Você consegue identificar algum padrão que diferencie as solicitações de artes de bandas nacionais e internacionais? Algo que é mais prezado por aqui ou lá fora?
Isso é bem curioso. As bandas maiores gringas sempre me deixaram mais livres. Parece que confiam mais na interpretação do conceito do disco. Me passam letras que representem o trabalho e fico livre. Geralmente, chego com uma ideia rascunhada e eles já curtem. Não sei se é cultural. Eles são muito abertos e encaram a arte como arte mesmo. Se estão me contratando, é porque gostam e confiam no meu trabalho. Nada que a banda vai imaginar vai ser a mesma coisa que eu vou imaginar. É tipo o Leonardo da Vinci fazer a Monalisa e eu falar: ‘Por que você não muda esse olho? Não bota um chapéu?’ Ele mostrou o trabalho. Ou você acha bonito ou feio. Não é algo só técnico. Executar uma tarefa. Acho horrível isso e nunca pego trabalho assim. As bandas gringas dificilmente têm essa abordagem. Raríssimo. Já as bandas daqui costumam chegar com ideias muito concretas. Uma visão muito fechada artisticamente. Eles já imaginam como deve ser a capa ao invés de deixar o artista livre para criar e imaginar isso. É como se eu chegasse na música deles e falasse: ‘Muda esse riff. Não gostei’. É estranho, sou romântico em relação a isso. As pessoas têm direito de não curtir e não querer. O que acho estranho é chegar para o artista já cheio de muros e dedos. Não são todas, mas a maioria das bandas aqui é assim.
Quais as capas mais icônicas da história do rock e do metal na sua opinião e por quê?
Essa é difícil! São muitas que amo.
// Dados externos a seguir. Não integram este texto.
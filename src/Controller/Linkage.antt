-- ===== src/Controller/Linkage.antt =====
-- internal/controller/clusterapi.go: the Cluster API objects around a HydraMachine, the pause
-- signals, and the conditions that must hold before a machine is created.
use cluster_api_provider_hyd.Base.{
  ℕ, Bool, false, not, ◌&&◌, Option, none, some, List, [], ◌∷◌, ◌==◌, nat_eq, list_eq,
  if◌then◌else◌, Text, text, is_some,
}
use cluster_api_provider_hyd.Base.Exec.{Result, ok, err}
use cluster_api_provider_hyd.Providers.Errors.{
  Error, terminal, waiting, for_owner, for_cluster, for_cluster_infra, for_hydra_cluster,
  for_bootstrap, is_not_found,
}
use cluster_api_provider_hyd.Providers.Identity.{cut_slash, is_empty}
use cluster_api_provider_hyd.Controller.Objects.{
  OwnerRef, HydraMachine, InfraRef, Machine, Cluster, HydraCluster, Condition, PauseReason,
  own_annotation, cluster_spec, cluster_annotation,
}
use cluster_api_provider_hyd.Controller.World.{Reader}

abbrev pub machine_kind : Text
machine_kind = text "Machine"

abbrev pub hydra_machine_kind : Text
hydra_machine_kind = text "HydraMachine"

abbrev pub hydra_cluster_kind : Text
hydra_cluster_kind = text "HydraCluster"

abbrev pub cluster_group : Text
cluster_group = text "cluster.x-k8s.io"

abbrev pub infra_group : Text
infra_group = text "infrastructure.cluster.x-k8s.io"

pub record Link : Type 0 where
  pub standalone : Bool
  pub owner_name : Text
  pub cluster_name : Text
  pub machine : Option Machine
  pub cluster : Option Cluster
  pub hydra_cluster_name : Text
  pub hydra_cluster : Option HydraCluster

abbrev pub no_link : Link
no_link = record {
  standalone = false;
  owner_name = [];
  cluster_name = [];
  machine = none;
  cluster = none;
  hydra_cluster_name = [];
  hydra_cluster = none;
}

abbrev group_is : Text → Option (Text × Text) → Bool
group_is group none = false
group_is group (some p) = p.0 == group

unfoldable pub owner_ref_of_kind : List OwnerRef → Text → Option OwnerRef
owner_ref_of_kind [] kind = none
owner_ref_of_kind (ref ∷ refs) kind =
    let later = owner_ref_of_kind refs kind in
    if not (ref.kind == kind)
    then later
    else if group_is cluster_group (cut_slash ref.api_version)
    then some ref
    else later

abbrev pub owner_machine_ref : HydraMachine → Option OwnerRef
owner_machine_ref m = owner_ref_of_kind m.owner_references machine_kind

-- Whether an infrastructureRef names an object of this provider.
abbrev pub names_infra : Text → InfraRef → Bool
names_infra kind ref = ref.kind == kind && (ref.api_group == infra_group && not (is_empty ref.name))

-- A read whose object may be missing: what to make of it when it is there, and when it is not.
abbrev pub if_found :
    {A C : Type 0} → Result Error A → (A → Result Error C) → Result Error C → Result Error C
if_found (ok a) found missing = found a
if_found (err e) found missing = if is_not_found e then missing else err e

unfoldable pub link_hydra_cluster : Reader → Cluster → Link → Result Error Link
link_hydra_cluster reader cluster link =
    if not (names_infra hydra_cluster_kind cluster.infra_ref)
    then ok link
    else let named = record link { hydra_cluster_name = cluster.infra_ref.name } in
      if_found (reader.get_hydra_cluster cluster.infra_ref.name)
        (λ hc. ok (record named { hydra_cluster = some hc })) (ok named)

unfoldable pub link_cluster : Reader → Text → Link → Result Error Link
link_cluster reader cluster_name link =
    if is_empty cluster_name
    then ok link
    else let named = record link { cluster_name = cluster_name } in
      if_found (reader.get_cluster cluster_name)
        (λ c. link_hydra_cluster reader c (record named { cluster = some c })) (ok named)

unfoldable pub link_owner : Reader → HydraMachine → OwnerRef → Machine → Result Error Link
link_owner reader m ref owner =
    if not (is_empty ref.uid) && not (owner.uid == ref.uid)
    then ok (record no_link { owner_name = ref.name })
    else link_cluster reader
        (if is_empty owner.cluster_label then m.cluster_label else owner.cluster_label)
        (record no_link { owner_name = ref.name; machine = some owner })

abbrev resolve_from : Reader → HydraMachine → Option OwnerRef → Result Error Link
resolve_from reader m none = ok (record no_link { standalone = m.standalone_annotation })
resolve_from reader m (some ref) =
    if_found (reader.get_machine ref.name) (link_owner reader m ref)
      (ok (record no_link { owner_name = ref.name }))

unfoldable pub resolve_linkage : Reader → HydraMachine → Result Error Link
resolve_linkage reader m = resolve_from reader m (owner_machine_ref m)

unfoldable pub paused_reason : Bool → Option Cluster → Option PauseReason
paused_reason annotated cluster = if annotated then some own_annotation else elim cluster [
  | none ↦ none
  | some c ↦
      (if c.paused
        then some (cluster_spec c.name)
        else if c.paused_annotation
        then some (cluster_annotation c.name)
        else none)
]

-- The readiness that a HydraCluster reports, if it is current.
abbrev pub ready_condition : ℕ → Option Condition → Result Error (Unit {0})
ready_condition generation none = err (waiting for_cluster_infra)
ready_condition generation (some ready) =
    if not (ready.observed_generation == generation)
    then err (waiting for_cluster_infra)
    else if not ready.status
    then err (waiting for_cluster_infra)
    else ok tt

abbrev pub hydra_cluster_ready : Option HydraCluster → Result Error (Unit {0})
hydra_cluster_ready none = ok tt
hydra_cluster_ready (some hc) = ready_condition hc.generation hc.ready

abbrev pub then_provisioned : Cluster → Result Error (Unit {0}) → Result Error (Unit {0})
then_provisioned c (err e) = err e
then_provisioned c (ok _) =
    if not c.infrastructure_provisioned then err (waiting for_cluster_infra) else ok tt

abbrev pub cluster_ready : Link → Option Cluster → Result Error (Unit {0})
cluster_ready link none = err (waiting for_cluster)
cluster_ready link (some c) =
    if not (is_empty link.hydra_cluster_name) && not (is_some link.hydra_cluster)
    then err (waiting for_hydra_cluster)
    else then_provisioned c (hydra_cluster_ready link.hydra_cluster)

unfoldable pub cluster_ready_for_create : Link → Result Error (Unit {0})
cluster_ready_for_create link =
    if not (is_some link.machine) && not link.standalone
    then err (waiting for_owner)
    else if is_empty link.cluster_name
    then ok tt
    else cluster_ready link link.cluster

abbrev bootstrap_value : Option Text → Result Error Text
bootstrap_value none = err terminal
bootstrap_value (some value) = if is_empty value then err terminal else ok value

unfoldable pub bootstrap_data_for : Reader → Link → Result Error Text
bootstrap_data_for reader link = elim link.machine [
  | none ↦ (if not (is_empty link.owner_name) then err (waiting for_owner) else ok [])
  | some m ↦
      (if is_empty m.data_secret_name
        then err (waiting for_bootstrap)
        else if_found (reader.get_secret m.data_secret_name)
            (λ secret. bootstrap_value secret.value) (err (waiting for_bootstrap)))
]

-- The HydraMachine that an event on a Machine is for.
unfoldable pub machine_to_hydra_machine : Machine → List (Text × Text)
machine_to_hydra_machine m =
    if not (names_infra hydra_machine_kind m.infra_ref)
    then []
    else (m.namespace, m.infra_ref.name) ∷ []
Do metal, as capas clássicas do death e thrash metal dos anos 1980 e 1990. O Dan Seagrave é o grande culpado! [risos]. O primeiro do Dismembered, o ‘Altars of Madness’ do Morbid Angel. O ‘Beneath the Remains’ do Sepultura fez história. ‘To Mega Therion’ do Celtic Frost, feita pelo Giger, que é um mestre total. As capas do Slayer antigas são maravilhosas, especialmente do ‘Reign in Blood’. Gosto do ‘Ride the Lightning’ e outras do Metallica. O Dereck Riggs, do Iron maiden, é maravilhoso e fez capas lendárias! A capa do ‘Killers’ foi a responsável por me fazer conhecer metal e entrar no mundo das artes. Outras do rock são icônicas, como a do ‘Destroyer’ do Kiss e ‘Abbey Road’ dos Beatles. O ‘Nevermind’ do Nirvana também. Não são pinturas, mas vão atravessar gerações. A capa do ‘Holy Diver’ do Dio e a primeira do Black Sabbath também.